Ultra Inertial Poser: Scalable Motion Capture and Tracking from Sparse Inertial Sensors and Ultra-Wideband Ranging

While camera-based capture systems remain the gold standard for recording human motion, learning-based tracking systems based on sparse wearable sensors are gaining popularity. Most commonly, they use inertial sensors, whose propensity for drift and jitter have so far limited tracking accuracy. In this paper, we propose Ultra Inertial Poser, a novel 3D full body pose estimation method that constrains drift and jitter in inertial tracking via inter-sensor distances. We estimate these distances across sparse sensor setups using a lightweight embedded tracker that augments inexpensive off-the-shelf 6D inertial measurement units with ultra-wideband radio-based ranging—dynamically and without the need for stationary reference anchors. Our method then fuses these inter-sensor distances with the 3D states estimated from each sensor. Our graph-based machine learning model processes the 3D states and distances to estimate a person’s 3D full body pose and translation. To train our model, we synthesize inertial measurements and distance estimates from the motion capture database AMASS. For evaluation, we contribute a novel motion dataset of 10 participants who performed 25 motion types, captured by 6 wearable IMU+UWB trackers and an optical motion capture system, totaling 200 minutes of synchronized sensor data (UIP-DB). Our extensive experiments show state-of-the-art performance for our method over PIP and TIP, reducing position error from 13.62 to 10.65 cm (22% better) and lowering jitter from 1.56 to 0.055 km/s3 (a reduction of 97%). UIP code, UIP-DB dataset, and hardware design: https://github.com/eth-siplab/UltraInertialPoser

💡 Research Summary

The paper introduces Ultra Inertial Poser (UIP), a novel full‑body motion capture system that fuses inertial measurement unit (IMU) data with ultra‑wideband (UWB) ranging to overcome the long‑standing drift and jitter problems of pure inertial tracking. The authors design a compact “IMU+UWB tracker” that integrates a commercial 6‑DoF IMU and a UWB radio on a single PCB, powered by a small battery and communicating via BLE. Unlike traditional UWB setups that rely on fixed anchors, each tracker performs two‑way ranging with every other tracker, providing real‑time inter‑sensor distances without any external infrastructure.

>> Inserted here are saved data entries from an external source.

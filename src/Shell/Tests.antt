-- ===== src/Shell/Tests.antt =====
-- A surface that is minimized, shown and covered: the theorems at work.
use webos_wayland.Base.{
  ℕ, ◌+◌, ◌≡◌, refl, ℤ, pos, negsuc, true, false, ◌&&◌, none, some, List, [], ◌∷◌, total, is_some,
}
use webos_wayland.Wayland.{Proxy}
use webos_wayland.Shell.{ShellHeaders, ShellContext}
use webos_wayland.Shell.Events.{WlArray, scan_array}
use webos_wayland.Shell.Setup.{context_init, attach, context_destroy, try_bind}
use webos_wayland.Shell.Exposed.{has_area, scan_array_lem}
use webos_wayland.Shell.Trace.{Event, state_changed, exposed, run, state_shows, area_shows}
use webos_wayland.Shell.Visibility.{
  Diary, note_visibility, note_close, newest, Alternates, run-told,
}
use webos_wayland.Shell.Lifetime.{
  bind, attach_to, call, Reach, here, next, made, is_proxy, given_up, attach_lem,
  context_destroy-releases_shell,
}

abbrev sh : ShellHeaders
sh = record {
  state_default = 0;
  state_minimized = 1;
  state_fullscreen = 3;
  key_default = 1;
  key_back = 2;
  key_exit = 8;
}

abbrev proxy : ℕ → Proxy
proxy id = record { id = id; version = 2 }

-- An empty rectangle, then one with an area, the end mark and a rest.
abbrev rectangles : List ℤ
rectangles = pos 0 ∷ pos 0 ∷ pos 0 ∷ pos 9 ∷ pos 4 ∷ pos 4 ∷ pos 20 ∷ pos 10 ∷ negsuc 0 ∷ pos 7 ∷ []

abbrev rectangle_array : WlArray
rectangle_array = record { size = 40; values = some rectangles }

scan_array_lem_example : scan_array (some rectangle_array) ≡ some (has_area rectangles)
scan_array_lem_example = scan_array_lem rectangle_array rectangles (refl, refl)

abbrev events : List Event
events = state_changed 1 ∷ exposed rectangles ∷ state_changed 3 ∷ exposed [] ∷ []

run-told_example :
    (c : ShellContext Diary) × (run sh
        (context_init sh
          (record { told = []; asked_to_close = false })
          (some note_visibility)
          (some note_close))
        events
      ≡ some c)
    × (newest c.client.told ≡ (state_shows sh true events && area_shows true events))
    × Alternates c.client.told
run-told_example = run-told sh events

abbrev start : ShellContext ℕ
unfolding context_init
start = context_init sh 0 none none

abbrev bound : ShellContext ℕ
unfolding call
bound = call sh (bind 4 "wl_webos_shell" 1 (λ v. some (proxy 1))) start

attach_lem_example :
    let (took, c') = attach sh "org.example.app" (some (proxy 2)) true bound in
    (took ≡ is_some c'.surface)
    × (took ≡ (is_some bound.global && (is_some (some (proxy 2)) && true)))
unfolding start context_init call try_bind
attach_lem_example = attach_lem sh "org.example.app" (some (proxy 2)) true bound refl

abbrev attached : ShellContext ℕ
attached = call sh (attach_to "org.example.app" (some (proxy 2)) true) bound

-- A second surface over the first, which is lost.
abbrev attached_again : ShellContext ℕ
attached_again = call sh (attach_to "org.example.app" (some (proxy 3)) true) attached

attached_again-Reach : Reach sh (context_init sh 0 none none) attached_again (proxy 2 ∷ [])
unfolding start context_init call try_bind attach
attached_again-Reach = next (attach_to "org.example.app" (some (proxy 3)) true) (
    next (attach_to "org.example.app" (some (proxy 2)) true)
      (next (bind 4 "wl_webos_shell" 1 (λ v. some (proxy 1))) here))

context_destroy-releases_shell_example :
    ((context_destroy attached_again).global ≡ none)
    × ((context_destroy attached_again).surface ≡ none)
    × (total (made 2) (context_destroy attached_again).sent
        ≡ total (given_up 2) (context_destroy attached_again).sent
          + total (is_proxy 2) (proxy 2 ∷ []))
context_destroy-releases_shell_example =
    context_destroy-releases_shell sh 0 none none attached_again-Reach 2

To exploit these distances, the authors construct a graph where each node represents a sensor’s 3‑D state (position, velocity, acceleration, orientation) and each edge encodes the measured pairwise distance. A graph neural network (GNN) performs message passing to enforce distance consistency, while a Temporal Convolutional Network (TCN) captures the temporal dynamics of human motion. The combined GNN‑TCN model outputs the 3‑D positions of 24 body joints together with the global translation of the subject.

Training data are generated synthetically from the AMASS motion‑capture database. For each AMASS sequence, a physics‑based simulator produces realistic IMU signals and UWB distance measurements, including sensor noise and radio‑interference models. This large‑scale synthetic dataset pre‑trains the network, which is then fine‑tuned on a newly collected real‑world dataset (UIP‑DB). UIP‑DB comprises 10 participants performing 25 distinct actions (walking, running, jumping, turning, etc.) while wearing six IMU+UWB trackers placed on the torso, shoulders, and ankles. The sessions are simultaneously recorded by a Vicon optical system, yielding 200 minutes of synchronized ground‑truth data.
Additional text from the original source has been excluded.